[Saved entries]
········
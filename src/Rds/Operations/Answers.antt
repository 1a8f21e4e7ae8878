-- ===== src/Rds/Operations/Answers.antt =====
-- The ARN of the managed password's secret in what RDS answers.
use componator_aws_providers.Prelude.{
  String, ◌≡◌, refl, ap, ◌∙◌, ◌≢◌, inl, inr, Option, none, some, List, [], ◌∷◌, All, Option-cases,
  Bool-cases,
}
use componator_aws_providers.Go.{GoError}
use componator_aws_providers.Go.Flow.{Result, ok, err, rescue, continue, Result-cases}
use componator_aws_providers.Rds.Config.{RdsConfig, RdsStatus}
use componator_aws_providers.Rds.Client.{
  MasterUserSecret, DbInstance, CreateDbInstanceInput, ModifyDbInstanceInput, DeleteDbInstanceInput,
  RdsClient,
}
use componator_aws_providers.Rds.Conversion.{string_ptr}
use componator_aws_providers.Rds.Errors.{
  is_instance_not_found_error, is_instance_already_being_deleted_error,
}
use componator_aws_providers.Rds.Calls.{
  create_input, modify_input, delete_input, first, secret_or, get_instance_data, create_instance,
  modify_instance, delete_instance, update_status_from_instance,
}
use componator_aws_providers.Rds.Operations.{capture_secret}

-- The ARN is not lost from `old` to `new`.
abbrev pub KeepsSecret : RdsStatus → RdsStatus → Type 0
KeepsSecret old new = old.master_user_secret_arn ≢ "" → new.master_user_secret_arn ≢ ""

-- A secret of the instance has no empty ARN.
abbrev pub IsNamed : DbInstance → Type 0
IsNamed i = (s : MasterUserSecret) → i.master_user_secret ≡ some s → s.secret_arn ≢ some ""

abbrev pub IsNamed? : Option DbInstance → Type 0
IsNamed? none = Unit
IsNamed? (some i) = IsNamed i

-- What the provider relies on of the RDS client: no answer names a secret by the empty text.
pub record NamesSecrets {W : Type 0} (client : RdsClient W) : Type 0 where
  pub described :
      (id : Option String) (w : W) (is : List DbInstance)
      → (client.describe_db_instances id w).0 ≡ ok is
      → All IsNamed is
  pub created :
      (c : CreateDbInstanceInput) (w : W) (i : DbInstance)
      → (client.create_db_instance c w).0 ≡ ok i
      → IsNamed i
  pub modified :
      (c : ModifyDbInstanceInput) (w : W) (i : Option DbInstance)
      → (client.modify_db_instance c w).0 ≡ ok i
      → IsNamed? i
  pub deleted :
      (c : DeleteDbInstanceInput) (w : W) (i : Option DbInstance)
      → (client.delete_db_instance c w).0 ≡ ok i
      → IsNamed? i

secret_or-nonempty :
    (old : String) (m : Option MasterUserSecret)
    → old ≢ ""
    → ((s : MasterUserSecret) → m ≡ some s → s.secret_arn ≢ some "")
    → secret_or old m ≢ ""
secret_or-nonempty old none n named = n
secret_or-nonempty old (some s) n named = λ e. elim (Option-cases s.secret_arn) [
  | inl a ↦ n (simp a at e)
  | inr (arn, a) ↦ named s refl (a ∙ ap some (simp a at e))
]

pub update-KeepsSecret :
    (status : RdsStatus) (i : Option DbInstance)
    → IsNamed? i
    → KeepsSecret status (update_status_from_instance status i)
unfolding update_status_from_instance
update-KeepsSecret status none named n = n
update-KeepsSecret status (some i) named n =
    secret_or-nonempty status.master_user_secret_arn i.master_user_secret n named

pub captured :
    (status : RdsStatus) (i : DbInstance)
    → IsNamed i
    → KeepsSecret status
        (capture_secret (update_status_from_instance status (some i)) i.master_user_secret)
captured status i named n =
    secret_or-nonempty _ i.master_user_secret (update-KeepsSecret status (some i) named n) named

first-IsNamed? : (is : List DbInstance) → All IsNamed is → IsNamed? (first is)
first-IsNamed? [] all = tt
first-IsNamed? (i ∷ is) all = all.0

module _ {W : Type 0} (client : RdsClient W) (names : NamesSecrets client) where
  abbrev pub Answer : Result GoError (Option DbInstance) → Type 0
  Answer (err e) = Unit
  Answer (ok i) = IsNamed? i

  pub found-Answer : (id : String) (w : W) → Answer (get_instance_data client id w).0
  unfolding get_instance_data
  found-Answer id w = elim (Result-cases (client.describe_db_instances (string_ptr id) w).0) [
    | inr (is, e) ↦
        rw (e, rescue, continue) (first-IsNamed? is (names.described (string_ptr id) w is e))
    | inl (x, e) ↦ elim (Bool-cases (is_instance_not_found_error (some x))) [
      | inl missing ↦ rw (e, rescue, continue, missing) tt
      | inr other ↦ rw (e, rescue, continue, other) tt
    ]
  ]

  pub deleted-Answer : (spec : RdsConfig) (w : W) → Answer (delete_instance client spec w).0
  unfolding delete_instance
  deleted-Answer spec w = elim (Result-cases (client.delete_db_instance (delete_input spec) w).0) [
    | inr (i, e) ↦ rw (e, rescue, continue) (names.deleted (delete_input spec) w i e)
    | inl (x, e) ↦ elim (Bool-cases (is_instance_not_found_error (some x))) [
      | inl missing ↦ rw (e, rescue, continue, missing) tt
      | inr other ↦ elim (Bool-cases (is_instance_already_being_deleted_error (some x))) [
        | inl going ↦ rw (e, rescue, continue, other, going) tt
        | inr failure ↦ rw (e, rescue, continue, other, failure) tt
      ]
    ]
  ]

  pub modified-Answer : (spec : RdsConfig) (w : W) → Answer (modify_instance client spec w).0
  unfolding modify_instance
  modified-Answer spec w = elim (Result-cases (client.modify_db_instance (modify_input spec) w).0) [
    | inr (i, e) ↦ rw (e, rescue) (names.modified (modify_input spec) w i e)
    | inl (x, e) ↦ rw (e, rescue) tt
  ]

  pub created-IsNamed :
      (spec : RdsConfig) (w : W) (i : DbInstance)
      → (create_instance client spec w).0 ≡ ok i
      → IsNamed i
  unfolding create_instance
  created-IsNamed spec w i h =
      elim (Result-cases (client.create_db_instance (create_input spec) w).0) [
        | inr (j, e) ↦ names.created (create_input spec) w i (e ∙ (rw (e, rescue) at h))
        | inl (x, e) ↦ cc (rw (e, rescue) at h)
      ]
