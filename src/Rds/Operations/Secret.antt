-- ===== src/Rds/Operations/Secret.antt =====
-- The ARN of the managed password's secret in the status.
use componator_aws_providers.Prelude.{String, ◌≡◌, inl, inr, Option, none, some, List, arith}
use componator_aws_providers.Go.Flow.{rescue, continue, merge, body, Result-cases}
use componator_aws_providers.Aws.{Checker}
use componator_aws_providers.Toolkit.{action_status, check_status}
use componator_aws_providers.Rds.Config.{RdsConfig, RdsStatus, resolve_spec}
use componator_aws_providers.Rds.Client.{DbInstance, RdsClient}
use componator_aws_providers.Rds.Calls.{
  get_instance_data, create_instance, modify_instance, delete_instance, update_status_from_instance,
}
use componator_aws_providers.Rds.Operations.{
  applied_result, deletion_result, deleted_result, apply_branch, apply_validated, apply_action,
  applied_by_status, check_applied, delete_action, deleted_by_status, check_deleted,
}
use componator_aws_providers.Rds.Operations.Answers.{
  KeepsSecret, IsNamed?, NamesSecrets, update-KeepsSecret, captured, found-Answer, deleted-Answer,
  modified-Answer, created-IsNamed,
}

module _ {W : Type 0} (checkers : List Checker) (client : RdsClient W)
    (names : NamesSecrets client) where
  apply_branch-KeepsSecret :
      (spec : RdsConfig) (status : RdsStatus) (existing : Option DbInstance) (w : W)
      → KeepsSecret status
          (action_status (body (apply_branch checkers client spec status existing) w).0)
  unfolding apply_branch
  apply_branch-KeepsSecret spec status (some i) w =
      elim (Result-cases (modify_instance client spec w).0) [
        | inl (e, h) ↦ rw (h, rescue, continue, merge) (λ n. n)
        | inr (i', h) ↦
            rw (h, rescue, continue, merge)
              (update-KeepsSecret status i' (rw h at (modified-Answer client names spec w)))
      ]
  apply_branch-KeepsSecret spec status none w =
      elim (Result-cases (create_instance client spec w).0) [
        | inl (e, h) ↦ rw (h, rescue, continue, merge) (λ n. n)
        | inr (i, h) ↦
            rw (h, rescue, continue, merge)
              (captured status i (created-IsNamed client names spec w i h))
      ]

  apply_action-KeepsSecret :
      (spec : RdsConfig) (status : RdsStatus) (w : W)
      → KeepsSecret status (action_status (apply_action checkers client spec status w).0)
  unfolding apply_action
  apply_action-KeepsSecret spec status w = elim (Result-cases (resolve_spec spec)) [
    | inl (e, h) ↦ rw (h, apply_validated) (λ n. n)
    | inr (spec', h) ↦ elim (Result-cases (get_instance_data client spec'.instance_id w).0) [
      | inl (e, g) ↦ rw (h, apply_validated) (rw (g, rescue, continue, merge) (λ n. n))
      | inr (i, g) ↦
          rw (h, apply_validated)
            (rw (g, rescue, continue, merge) (apply_branch-KeepsSecret spec' status i _))
    ]
  ]

  applied-same :
      (id : String) (s : RdsStatus) → check_status (applied_by_status checkers client id s) ≡ s
  unfolding applied_by_status
  applied-same id s = ground arith

  deleted-same :
      (id : String) (s : RdsStatus) → check_status (deleted_by_status checkers client id s) ≡ s
  unfolding deleted_by_status
  deleted-same id s = ground arith

  check_applied-KeepsSecret :
      (spec : RdsConfig) (status : RdsStatus) (w : W)
      → KeepsSecret status (check_status (check_applied checkers client spec status w).0)
  unfolding check_applied
  check_applied-KeepsSecret spec status w =
      let answer = found-Answer client names spec.instance_id w in
      elim (Result-cases (get_instance_data client spec.instance_id w).0) [
        | inl (e, h) ↦ rw (h, rescue, continue, merge) (λ n. n)
        | inr (i, h) ↦ rw (h, rescue, continue, merge) (applied i (rw h at answer))
      ]
    where
      applied :
          (i : Option DbInstance)
          → IsNamed? i
          → KeepsSecret status (check_status (applied_result checkers client spec status i))
      applied none named n = n
      applied (some i) named n =
          rw (applied-same spec.instance_id (update_status_from_instance status (some i)))
            (update-KeepsSecret status (some i) named n)

  delete_action-KeepsSecret :
      (spec : RdsConfig) (status : RdsStatus) (w : W)
      → KeepsSecret status (action_status (delete_action checkers client spec status w).0)
  unfolding delete_action
  delete_action-KeepsSecret spec status w =
      let answer = deleted-Answer client names spec w in
      elim (Result-cases (delete_instance client spec w).0) [
        | inl (e, h) ↦ rw (h, rescue, continue, merge) (λ n. n)
        | inr (i, h) ↦ rw (h, rescue, continue, merge) (deleted i (rw h at answer))
      ]
    where
      deleted :
          (i : Option DbInstance)
          → IsNamed? i
          → KeepsSecret status (action_status (deletion_result checkers client spec status i))
      deleted none named n = n
      deleted (some i) named n = update-KeepsSecret status (some i) named n

  check_deleted-KeepsSecret :
      (spec : RdsConfig) (status : RdsStatus) (w : W)
      → KeepsSecret status (check_status (check_deleted checkers client spec status w).0)
  unfolding check_deleted
  check_deleted-KeepsSecret spec status w =
      elim (Result-cases (get_instance_data client spec.instance_id w).0) [
        | inl (e, h) ↦ rw (h, rescue, continue, merge) (λ n. n)
        | inr (i, h) ↦ rw (h, rescue, continue, merge) (found i)
      ]
    where
      found :
          (i : Option DbInstance)
          → KeepsSecret status (check_status (deleted_result checkers client spec status i))
      found none n = n
      found (some i) n = rw (deleted-same spec.instance_id _) n

  -- No handler of the provider loses the ARN of the managed password's secret: in every result,
  -- errors included, the status names a secret if it named one before. The service is assumed not
  -- to name a secret by the empty text.
  pub handlers-KeepsSecret :
      (spec : RdsConfig) (status : RdsStatus) (w : W)
      → KeepsSecret status (action_status (apply_action checkers client spec status w).0)
        × KeepsSecret status (check_status (check_applied checkers client spec status w).0)
        × KeepsSecret status (action_status (delete_action checkers client spec status w).0)
        × KeepsSecret status (check_status (check_deleted checkers client spec status w).0)
  handlers-KeepsSecret spec status w = (
    apply_action-KeepsSecret spec status w,
    check_applied-KeepsSecret spec status w,
    delete_action-KeepsSecret spec status w,
    check_deleted-KeepsSecret spec status w,
  )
········
Activity — Please return all lines from the records that hold the word "antt".

Reply —
filename src/Rds/Operations/Answers.antt
-- ===== src/Rds/Operations/Answers.antt =====
filename src/Rds/Operations/Secret.antt
-- ===== src/Rds/Operations/Secret.antt =====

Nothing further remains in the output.